Last year, I had the opportunity to talk to a former Penn Central manager.
I asked him what Saunders' business plan was for returning the combined
operation to profitability.  His answer:  "There wasn't any!"  In other
words, the merger was conceived and executed without any clear idea of how
it would move the corporation toward profitability or when it would be

The PRR proudly stated that it never missed a stock dividend from Day One,
and this practice was continued into the PC until bankruptcy.  Since Pennsy
had been losing money for a while and PC never made money, this payout had
to come out of capital (nowadays, this would be called "enhancing
shareholder value").

As for the diversification moves, they would have made sense if the net
revenues were used to help the parent rail operation.  I suspect that any
such revenues instead helped cover the stock dividends (see above).  If the
non-rail investments didn't make money, it only compounds the general view
of PC executives.

All in all, nobody (management, unions, regulators, politicians) had a grip
on reality.  Adding New Haven only accelerated the inevitable.

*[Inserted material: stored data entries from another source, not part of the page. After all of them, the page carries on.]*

-- ===== src/Proxy/Dialer.antt =====
-- proxy/socks5.rs: the data of `Socks5Dialer`.
use proxifyre_rs.Prelude.{Bool, Option, Text}
use proxifyre_rs.Net.{SocketAddr}

pub record Socks5Auth : Type 0 where
  pub username : Text
  pub password : Text

pub record Socks5Dialer : Type 0 where
  pub proxy_addr : SocketAddr
  pub auth : Option Socks5Auth
  pub prefer_ipv4_mapped_ipv6 : Bool
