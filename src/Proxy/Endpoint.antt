-- ===== src/Proxy/Endpoint.antt =====
-- The parser of the endpoint of a SOCKS5 server in proxy/socks5.rs, and `Socks5Dialer::new`. Text is
-- a list of code points; the slices around a character are what the source cuts at the position that
-- it has found. The parser of an address and the resolver of a name are parameters.
pub mod Texts
pub mod Port
pub mod Accepted
pub mod Shown
pub mod RoundTrip
use proxifyre_rs.Net.{IpAddr, SocketAddr, socket_addr, ip, is_ipv6}
use proxifyre_rs.Prelude.{
  ℕ, zero, suc, ◌+◌, ◌*◌, ◌-◌, Bool, true, false, not, ◌&&◌, ◌||◌, Option, none, some, List, [],
  ◌∷◌, ◌++◌, Result, ok, err, Text, codes, starts_with, drop, length, if◌then◌else◌, ltb, leb, ◌==◌,
  bytes_eq, ◌>>=◌, unwrap_or, ok_or, fail_if, ◌>>◌,
}
use proxifyre_rs.Proxy.Dialer.{Socks5Auth, Socks5Dialer}

pub data EndpointError : Type 0 where
  unsupported_scheme invalid_credentials missing_host resolver_failed unresolved : EndpointError
  invalid_port invalid_ipv6_host missing_port_separator : EndpointError

-- `str::parse` into an `IpAddr`, and `to_socket_addrs` (`none` of an error).
pub record Names : Type 0 where
  pub parse_ip : Text → Option IpAddr
  pub to_socket_addrs : Text → Option (List SocketAddr)

abbrev pub colon : ℕ
colon = 58

abbrev pub at_sign : ℕ
at_sign = 64

abbrev pub open_bracket : ℕ
open_bracket = 91

abbrev pub close_bracket : ℕ
close_bracket = 93

-- What stands before and after the first place of the character: `find`.
unfoldable pub split_first : ℕ → Text → Option (Text × Text)
split_first c [] = none
split_first c (x ∷ xs) =
    let rest = split_first c xs in
    if x == c
    then some ([], xs)
    else elim rest [ none ↦ none | some (before, after) ↦ some (x ∷ before, after) ]

-- The same of the last place: `rfind`.
unfoldable pub split_last : ℕ → Text → Option (Text × Text)
split_last c [] = none
split_last c (x ∷ xs) = elim (split_last c xs) [
  | some (before, after) ↦ some (x ∷ before, after)
  | none ↦ if x == c then some ([], xs) else none
]

-- The same of the first place of "://".
unfoldable pub split_scheme : Text → Option (Text × Text)
split_scheme [] = none
split_scheme (x ∷ xs) =
    let rest = split_scheme xs in
    if starts_with (x ∷ xs) (codes "://")
    then some ([], drop 2 xs)
    else elim rest [ none ↦ none | some (before, after) ↦ some (x ∷ before, after) ]

-- `char::is_whitespace`.
unfoldable pub is_whitespace : ℕ → Bool
is_whitespace c =
    (leb 9 c && leb c 13)
    || c == 32
    || c == 0x85
    || c == 0xA0
    || c == 0x1680
    || (leb 0x2000 c && leb c 0x200A)
    || c == 0x2028
    || c == 0x2029
    || c == 0x202F
    || c == 0x205F
    || c == 0x3000

unfoldable pub trim_start : Text → Text
trim_start [] = []
trim_start (c ∷ cs) = if is_whitespace c then trim_start cs else c ∷ cs

unfoldable pub trim_end : Text → Text
trim_end [] = []
trim_end (c ∷ cs) = elim (trim_end cs) [
  | [] ↦ if is_whitespace c then [] else c ∷ []
  | d ∷ ds ↦ c ∷ d ∷ ds
]

abbrev pub trim : Text → Text
trim s = trim_end (trim_start s)

unfoldable pub is_empty : Text → Bool
is_empty [] = true
is_empty (c ∷ cs) = false

-- The text without its last character, if that is a closing bracket.
unfoldable pub strip_close : Text → Option Text
strip_close [] = none
strip_close (c ∷ []) = if c == close_bracket then some [] else none
strip_close (c ∷ d ∷ ds) = elim (strip_close (d ∷ ds)) [ none ↦ none | some cs ↦ some (c ∷ cs) ]

-- A host in brackets without them.
unfoldable pub strip_brackets : Text → Text
strip_brackets [] = []
strip_brackets (c ∷ cs) =
    if c == open_bracket then elim (strip_close cs) [ none ↦ c ∷ cs | some host ↦ host ] else c ∷ cs

-- The value of decimal digits that follow those of `acc`, below 2 ^ 16.
unfoldable pub parse_digits : ℕ → Text → Option ℕ
parse_digits acc [] = some acc
parse_digits acc (c ∷ cs) =
    let rest = parse_digits (10 * acc + (c - 48)) cs in
    if leb 48 c && leb c 57 && ltb (10 * acc + (c - 48)) 65536 then rest else none

-- `str::parse` into a `u16`, which takes a plus sign in front.
unfoldable pub parse_u16 : Text → Option ℕ
parse_u16 [] = none
parse_u16 (c ∷ []) = if c == 43 then none else parse_digits 0 (c ∷ [])
parse_u16 (c ∷ d ∷ ds) = if c == 43 then parse_digits 0 (d ∷ ds) else parse_digits 0 (c ∷ d ∷ ds)

unfoldable pub is_scheme : Text → Bool
is_scheme scheme =
    is_empty scheme || bytes_eq scheme (codes "socks5") || bytes_eq scheme (codes "socks5h")

-- The user name and the password, either side of the first colon.
unfoldable pub parse_credentials : Text → Result EndpointError (Option Socks5Auth)
parse_credentials auth_part =
    let (username, password) = unwrap_or (auth_part, []) (split_first colon auth_part) in
    if is_empty auth_part
    then ok none
    else if is_empty username || is_empty password
    then err invalid_credentials
    else ok (some (record { username = username; password = password }))

-- The part after the bracket.
unfoldable pub port_after : Text → Text → Result EndpointError (Text × Text)
port_after host [] = err missing_port_separator
port_after host (c ∷ cs) = if c == colon then ok (host, cs) else err missing_port_separator

unfoldable pub split_host_port : Text → Result EndpointError (Text × Text)
split_host_port input =
    if starts_with input (open_bracket ∷ [])
    then elim (split_first close_bracket input) [
      | none ↦ err invalid_ipv6_host
      | some (before, after) ↦ port_after (before ++ close_bracket ∷ []) after
    ]
    else elim (split_last colon input) [
      | none ↦ err missing_port_separator
      | some (host, port) ↦ ok (host, port)
    ]

-- The address that the host stands for, or the first that its name is resolved to.
unfoldable pub resolve : Names → Text → Text → Result EndpointError IpAddr
resolve n host port_str = elim (n.parse_ip host) [
  | some a ↦ ok a
  | none ↦ elim (n.to_socket_addrs (host ++ colon ∷ port_str)) [
    | none ↦ err resolver_failed
    | some [] ↦ err unresolved
    | some (a ∷ addrs) ↦ ok (ip a)
  ]
]

unfoldable pub parse_port : Text → Result EndpointError ℕ
parse_port port_str = elim (parse_u16 port_str) [
  | none ↦ err invalid_port
  | some port ↦ if port == 0 then err invalid_port else ok port
]

-- What is read of the part after the credentials.
unfoldable pub parse_server : Names → Text → Result EndpointError SocketAddr
parse_server n host_part = do
  (host, port_str) ← split_host_port host_part
  _ ← fail_if (is_empty (trim host)) missing_host
  a ← resolve n (strip_brackets (trim host)) port_str
  port ← parse_port port_str
  ok (socket_addr a port)

unfoldable pub parse_rest : Names → Text → Result EndpointError (SocketAddr × Option Socks5Auth)
parse_rest n rest = do
  let (auth_part, host_part) = unwrap_or ([], rest) (split_last at_sign rest)
  auth ← parse_credentials auth_part
  addr ← parse_server n host_part
  ok (addr, auth)

unfoldable pub parse_socks5_endpoint :
    Names → Text → Result EndpointError (SocketAddr × Option Socks5Auth)
parse_socks5_endpoint n endpoint = elim (split_scheme endpoint) [
  | none ↦ parse_rest n endpoint
  | some (scheme, rest) ↦ if is_scheme scheme then parse_rest n rest else err unsupported_scheme
]

unfoldable pub new : Names → Text → Result EndpointError Socks5Dialer
new n endpoint = do
  (proxy_addr, auth) ← parse_socks5_endpoint n endpoint
  ok (record { proxy_addr = proxy_addr; auth = auth; prefer_ipv4_mapped_ipv6 = is_ipv6 proxy_addr })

[By the way, and off-topic, the FRA created a new class of track condition -
"Exempt" - to describe and regulate the derelict former PC track spun off to
short lines in the 1970s.]


-----Original Message-----
From: weldon [mailto:weldon@fastol.com]
Sent: Monday, March 19, 2001 8:29 AM
To: penn-central -AT- smellycat.com
Subject: PC: Re: Why no money?

PC was forced to swallow NH against its will, but remember, it also ate a
lot of poison pills of its own.  I think the biggest problem with the
railroad portion was its total inability to assimilate the two existing
cultures, much less information systems, signalling and radio systems.

I think it is fair to say that PC management sought to diversify because the
regulatory situation on the Railroad made it impossible to guarantee a
profit on steel wheels alone.

Oh yes, and they had no money.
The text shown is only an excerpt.